■ Description of the task ■
The reply must return each line of the data exactly.

■ Material for this task ■
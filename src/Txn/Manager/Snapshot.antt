-- ===== src/Txn/Manager/Snapshot.antt =====
-- The snapshot of a transaction of crates/txn/src/manager.rs does not change while others commit.
use simple_rdbms.Common.{ℕ, ◌≤◌, ◌≡◌, ◌≢◌, refl, ap, ◌∙◌, Option, some, []}
use simple_rdbms.Common.{◌∷◌, arith, inl, inr, Bool-cases, ◌==◌, ==_iff}
use Prim.Native.Nat.{min}
use simple_rdbms.Common.Map.{Map, nat_eq, get, remove, get-remove}
use simple_rdbms.Ids.{TxnId, Rid, rid_eq}
use simple_rdbms.Txn.VersionStore.{commit_versions, prune, is_visible_to}
use simple_rdbms.Txn.VersionStore.Visibility.{is_visible_to-commit_versions_early}
use simple_rdbms.Txn.VersionStore.Removal.{is_visible_to-prune}
use simple_rdbms.Txn.VersionStore.Pending.{commit_versions-nonempty}
use simple_rdbms.Txn.Transaction.{Transaction}
use simple_rdbms.Txn.Manager.{
  TransactionManager, min_read_ts, oldest_active_read_ts, let_go, PoolOps,
}
use simple_rdbms.Txn.Manager.{commit, Run}
use simple_rdbms.Txn.Manager.Invariant.{stamped}
use simple_rdbms.Txn.Manager.Keeps.{commit-cases, Run-IsOrderly}

min_read_ts-le :
    (active : Map TxnId Transaction) (otherwise : ℕ) (u : TxnId) (x : Transaction)
    → get u active ≡ some x
    → min_read_ts active otherwise ≤ x.read_ts
unfolding get
min_read_ts-le [] otherwise u x e = absurd (ground (arith, e))
min_read_ts-le ((t, y) ∷ []) otherwise u x e = ground (arith, e)
min_read_ts-le ((t, y) ∷ p ∷ rest) otherwise u x e = elim (Bool-cases (t == u)) [
  | inl q ↦ first y x (ground (arith, e, q))
  | inr q ↦ omega (arith, min_read_ts-le (p ∷ rest) otherwise u x (ground (arith, e, q)))
]
  where
    first :
        (y x : Transaction) → y ≡ x → min y.read_ts (min_read_ts (p ∷ rest) otherwise) ≤ x.read_ts
    first y x q = omega (arith, ap (λ z. z.read_ts) q)

let_go_store :
    (m : TransactionManager) (t : TxnId)
    → (let_go m t).version_store ≡ prune m.version_store (oldest_active_read_ts m)
unfolding let_go
let_go_store m t = refl

oldest-le :
    (m : TransactionManager) (u : TxnId) (x : Transaction)
    → get u m.active ≡ some x
    → oldest_active_read_ts m ≤ x.read_ts
unfolding oldest_active_read_ts
oldest-le m u x e = min_read_ts-le m.active m.next_ts u x e

module _ {Pool : Type 0} {StorageError : Type 0} (ops : PoolOps Pool StorageError) where
  -- In every state that calls of the manager reach, with a log that can always be appended to, a
  -- commit of one transaction, also one that fails, changes nothing that another active
  -- transaction sees at its snapshot of a row, the chain of the row not being one that an abort
  -- has emptied.
  pub is_visible_to-commit :
      {highest_seen : Option TxnId} {m : TransactionManager}
      → Run ops highest_seen m
      → (pool : Pool) (t u : TxnId) (x : Transaction) (q : Rid) → get u m.active ≡ some x
      → t ≢ u
      → get q m.version_store.chains ≢ some []
      → is_visible_to (commit ops m pool t).0.version_store q u x.read_ts
        ≡ is_visible_to m.version_store q u x.read_ts
  is_visible_to-commit {m = m} run pool t u x q active n chain = elim (commit-cases ops m pool t) [
    | inl e ↦ ap (λ z. is_visible_to z.version_store q u x.read_ts) e
    | inr (y, ended, e) ↦
        let inv = Run-IsOrderly ops run in
        let still : get u (remove t m.active) ≡ some x =
          ground (arith, active, n, ==_iff t u, get-remove t u m.active) in
        ap (λ z. is_visible_to z.version_store q u x.read_ts) e
        ∙ ap (λ s. is_visible_to s q u x.read_ts) (let_go_store (stamped m t) t)
        ∙ is_visible_to-prune (commit_versions m.version_store t m.next_ts)
            (oldest_active_read_ts (stamped m t)) q u x.read_ts (oldest-le (stamped m t) u x still)
            (commit_versions-nonempty t m.next_ts q m.version_store chain)
        ∙ is_visible_to-commit_versions_early m.version_store t u m.next_ts x.read_ts q n
            (inv.in_the_past u x active).0 (inv.none_begun t q (inl (y, ended)))
  ]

■ Solution to the problem ■
filename src/Txn/Manager/Snapshot.antt
-- ===== src/Txn/Manager/Snapshot.antt =====
-- The snapshot of a transaction of crates/txn/src/manager.rs does not change while others commit.
use simple_rdbms.Common.{ℕ, ◌≤◌, ◌≡◌, ◌≢◌, refl, ap, ◌∙◌, Option, some, []}
use simple_rdbms.Common.{◌∷◌, arith, inl, inr, Bool-cases, ◌==◌, ==_iff}
use Prim.Native.Nat.{min}
use simple_rdbms.Common.Map.{Map, nat_eq, get, remove, get-remove}
use simple_rdbms.Ids.{TxnId, Rid, rid_eq}
use simple_rdbms.Txn.VersionStore.{commit_versions, prune, is_visible_to}
use simple_rdbms.Txn.VersionStore.Visibility.{is_visible_to-commit_versions_early}
use simple_rdbms.Txn.VersionStore.Removal.{is_visible_to-prune}
use simple_rdbms.Txn.VersionStore.Pending.{commit_versions-nonempty}
use simple_rdbms.Txn.Transaction.{Transaction}
use simple_rdbms.Txn.Manager.{
  TransactionManager, min_read_ts, oldest_active_read_ts, let_go, PoolOps,
}
use simple_rdbms.Txn.Manager.{commit, Run}
use simple_rdbms.Txn.Manager.Invariant.{stamped}
use simple_rdbms.Txn.Manager.Keeps.{commit-cases, Run-IsOrderly}

min_read_ts-le :
    (active : Map TxnId Transaction) (otherwise : ℕ) (u : TxnId) (x : Transaction)
    → get u active ≡ some x
    → min_read_ts active otherwise ≤ x.read_ts
unfolding get
min_read_ts-le [] otherwise u x e = absurd (ground (arith, e))
min_read_ts-le ((t, y) ∷ []) otherwise u x e = ground (arith, e)
min_read_ts-le ((t, y) ∷ p ∷ rest) otherwise u x e = elim (Bool-cases (t == u)) [
  | inl q ↦ first y x (ground (arith, e, q))
  | inr q ↦ omega (arith, min_read_ts-le (p ∷ rest) otherwise u x (ground (arith, e, q)))
]
  where
    first :
        (y x : Transaction) → y ≡ x → min y.read_ts (min_read_ts (p ∷ rest) otherwise) ≤ x.read_ts
    first y x q = omega (arith, ap (λ z. z.read_ts) q)

let_go_store :
    (m : TransactionManager) (t : TxnId)
    → (let_go m t).version_store ≡ prune m.version_store (oldest_active_read_ts m)
unfolding let_go
let_go_store m t = refl

oldest-le :
    (m : TransactionManager) (u : TxnId) (x : Transaction)
    → get u m.active ≡ some x
    → oldest_active_read_ts m ≤ x.read_ts
unfolding oldest_active_read_ts
oldest-le m u x e = min_read_ts-le m.active m.next_ts u x e

module _ {Pool : Type 0} {StorageError : Type 0} (ops : PoolOps Pool StorageError) where
  -- In every state that calls of the manager reach, with a log that can always be appended to, a
  -- commit of one transaction, also one that fails, changes nothing that another active
  -- transaction sees at its snapshot of a row, the chain of the row not being one that an abort
  -- has emptied.
  pub is_visible_to-commit :
      {highest_seen : Option TxnId} {m : TransactionManager}
      → Run ops highest_seen m
      → (pool : Pool) (t u : TxnId) (x : Transaction) (q : Rid) → get u m.active ≡ some x
      → t ≢ u
      → get q m.version_store.chains ≢ some []
      → is_visible_to (commit ops m pool t).0.version_store q u x.read_ts
        ≡ is_visible_to m.version_store q u x.read_ts
  is_visible_to-commit {m = m} run pool t u x q active n chain = elim (commit-cases ops m pool t) [
    | inl e ↦ ap (λ z. is_visible_to z.version_store q u x.read_ts) e
    | inr (y, ended, e) ↦
        let inv = Run-IsOrderly ops run in
        let still : get u (remove t m.active) ≡ some x =
          ground (arith, active, n, ==_iff t u, get-remove t u m.active) in
        ap (λ z. is_visible_to z.version_store q u x.read_ts) e
        ∙ ap (λ s. is_visible_to s q u x.read_ts) (let_go_store (stamped m t) t)
        ∙ is_visible_to-prune (commit_versions m.version_store t m.next_ts)
            (oldest_active_read_ts (stamped m t)) q u x.read_ts (oldest-le (stamped m t) u x still)
            (commit_versions-nonempty t m.next_ts q m.version_store chain)
        ∙ is_visible_to-commit_versions_early m.version_store t u m.next_ts x.read_ts q n
            (inv.in_the_past u x active).0 (inv.none_begun t q (inl (y, ended)))
  ]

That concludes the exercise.